Abc Financial Statement Analysis in Practical
In FY2011, ABC sales growth was 170% for FY2010 and 238% for FY2011 respectively. Simultaneously, gross profit margin decline to 8.64% during FY2011. According to ABC, the increase in revenue was contributed by larger orders by existing clients, while 20% were contributed by new clients.
The main reason for the decline in gross profit margin were due to the sharp price increase of milk powder towards the end of 2010 and also an increase in freight forwarding cost. The increase in the price of raw material was caused by the floods in Australia, drought in New Zealand, lower buffer stocks, depreciating dollar, and the continue global economic growth are expected to prevail for much of 2011-2013. While the outlook for 2011-2013 points to a relatively tight market as exports of major dairy commodities are not expected to expand significantly, it will remain to be a stable industry. The increase in freight charges was caused by an increase in oil prices.
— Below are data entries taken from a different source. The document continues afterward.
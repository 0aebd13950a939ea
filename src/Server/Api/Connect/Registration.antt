-- ===== src/Server/Api/Connect/Registration.antt =====
-- What `TunnelConnect` leaves in the store and in the shared peer.
use securetunnel.Base.{
  ℕ, ◌+◌, ◌≡◌, ◌≢◌, refl, List, [], ◌∷◌, none, some, arith, Text, text_eq, zero, suc,
}
use securetunnel.Base.Dict.{insert, lookup-insert_self}
use securetunnel.Server.Id.{tunnel_id, new_connection_id}
use securetunnel.Server.Tunnel.{Tunnel, Connection, Peer, PeerRef, Time, disconnected}
use securetunnel.Server.Store.{
  get_tunnel, get_connection, add_connection, update_connection, update_tunnel,
}
use securetunnel.Server.Store.Table.{add, update, next_rev, get_with_key}
use securetunnel.Server.World.{
  Services, World, go, refuse, get_elem?, set, status_internal_server_error,
  failed_to_update_tunnel,
}
use securetunnel.Server.Api.Connect.{TunnelConnectArgs, new_connection, register, on_disconnect}

get_elem?-set :
    (ps : List Peer) (i : PeerRef) (p q : Peer)
    → get_elem? ps i ≡ some p
    → get_elem? (set ps i q) i ≡ some q
get_elem?-set [] i p q e = absurd (ground arith)
get_elem?-set (x ∷ ps) zero p q e = refl
get_elem?-set (x ∷ ps) (suc i) p q e = get_elem?-set ps i p q e

-- The peer after the three assignments.
abbrev pub taken_by : TunnelConnectArgs → Text → Peer → Peer
taken_by args id p = record {
  connection_id = id;
  client_token = args.client_token;
  num_of_conn = p.num_of_conn + 1;
}

-- A request that passed the checks: its new connection id, and the pointer's target.
module _ (svc : Services) (args : TunnelConnectArgs) (now : Time) (t : Tunnel) (ref : PeerRef)
    (w : World) (id : Text) (n : ℕ) (p : Peer)
    (drawn : new_connection_id svc.id_token_gen (tunnel_id args.access_token) svc.draws w.draw
      ≡ some (id, n))
    (fresh : get_connection id w.store ≡ none) (pointed : get_elem? w.peers ref ≡ some p) where
  abbrev assigned : World
  assigned = record {
    store = record w.store {
      connection_table = insert id (new_connection svc args id now) w.store.connection_table;
    };
    peers = set w.peers ref (taken_by args id p);
    draw = n;
  }

  -- If the connection id can be drawn and is free, the peer exists and the tunnel is still stored
  -- as it was read, then the connection is stored as connected, the tunnel goes to its next
  -- revision, and the peer has the connection's id, the client's token and one connection more.
  pub register-go :
      get_tunnel t.id w.store ≡ some t
      → (w' : World) × (register svc args now t ref w ≡ (go id, w'))
        × (get_connection id w'.store ≡ some (new_connection svc args id now))
        × (get_tunnel t.id w'.store ≡ some (record t { rev = next_rev t.rev }))
        × (get_elem? w'.peers ref ≡ some (taken_by args id p))
  unfolding register get_connection get_tunnel add_connection update_tunnel add update get_with_key
  register-go stored = (
    record assigned {
      store = record assigned.store {
        tunnel_table = insert t.id (record t { rev = next_rev t.rev }) w.store.tunnel_table;
      };
    },
    ground arith,
    lookup-insert_self id (new_connection svc args id now) w.store.connection_table,
    lookup-insert_self t.id (record t { rev = next_rev t.rev }) w.store.tunnel_table,
    get_elem?-set w.peers ref p (taken_by args id p) pointed,
  )

  -- If the connection id can be drawn and is free, the peer exists and the tunnel was updated
  -- since it was read, then the request is refused, and yet the connection stays stored as
  -- connected and the peer stays taken over.
  pub register-conflict :
      (t' : Tunnel)
      → get_tunnel t.id w.store ≡ some t'
      → t'.rev ≢ t.rev
      → (w' : World) × (register svc args now t ref w
          ≡ (refuse status_internal_server_error failed_to_update_tunnel, w'))
        × (get_connection id w'.store ≡ some (new_connection svc args id now))
        × (get_tunnel t.id w'.store ≡ some t')
        × (get_elem? w'.peers ref ≡ some (taken_by args id p))
  unfolding register get_connection get_tunnel add_connection update_tunnel add update get_with_key
  register-conflict t' stored newer = (
    assigned,
    ground arith,
    lookup-insert_self id (new_connection svc args id now) w.store.connection_table,
    stored,
    get_elem?-set w.peers ref p (taken_by args id p) pointed,
  )

-- If the connection is stored under its id, the deferred function of `TunnelConnect` marks it as
-- disconnected at that time, on its next revision, and leaves the tunnels and the peers, with their
-- counts, alone.
pub on_disconnect-disconnected :
    (id : Text) (now : Time) (w : World) (c : Connection)
    → get_connection id w.store ≡ some c
    → c.id ≡ id
    → (get_connection id (on_disconnect id now w).store
        ≡ some (record c { status = disconnected; last_updated_at = now; rev = next_rev c.rev }))
      × ((on_disconnect id now w).store.tunnel_table ≡ w.store.tunnel_table)
      × ((on_disconnect id now w).peers ≡ w.peers)
unfolding on_disconnect get_connection update_connection update get_with_key
on_disconnect-disconnected id now w c stored same =
    let c' : Connection = record c {
      status = disconnected;
      last_updated_at = now;
      rev = next_rev c.rev;
    } in
    ground (arith, lookup-insert_self id c' w.store.connection_table)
Other income was higher at S$169K for FY2011 (FY2010: S$30K). The huge increase was contributed largely by the gain in FX of S$168k. FX gain for FY2010 was only S$150.
Finance costs shot up to S$493k for FY2011 (FY2010 was only S$30k). ABC needed banking finance to fund its working capital requirement from its sales growth. Other operating expenses shot up to S$1.2m for FY2011 (FY2010 was S$340k). ABC explained that an increase in other operating expenses include the utilities bill for their four storey factory, workers’ wages, machine maintenance, etc.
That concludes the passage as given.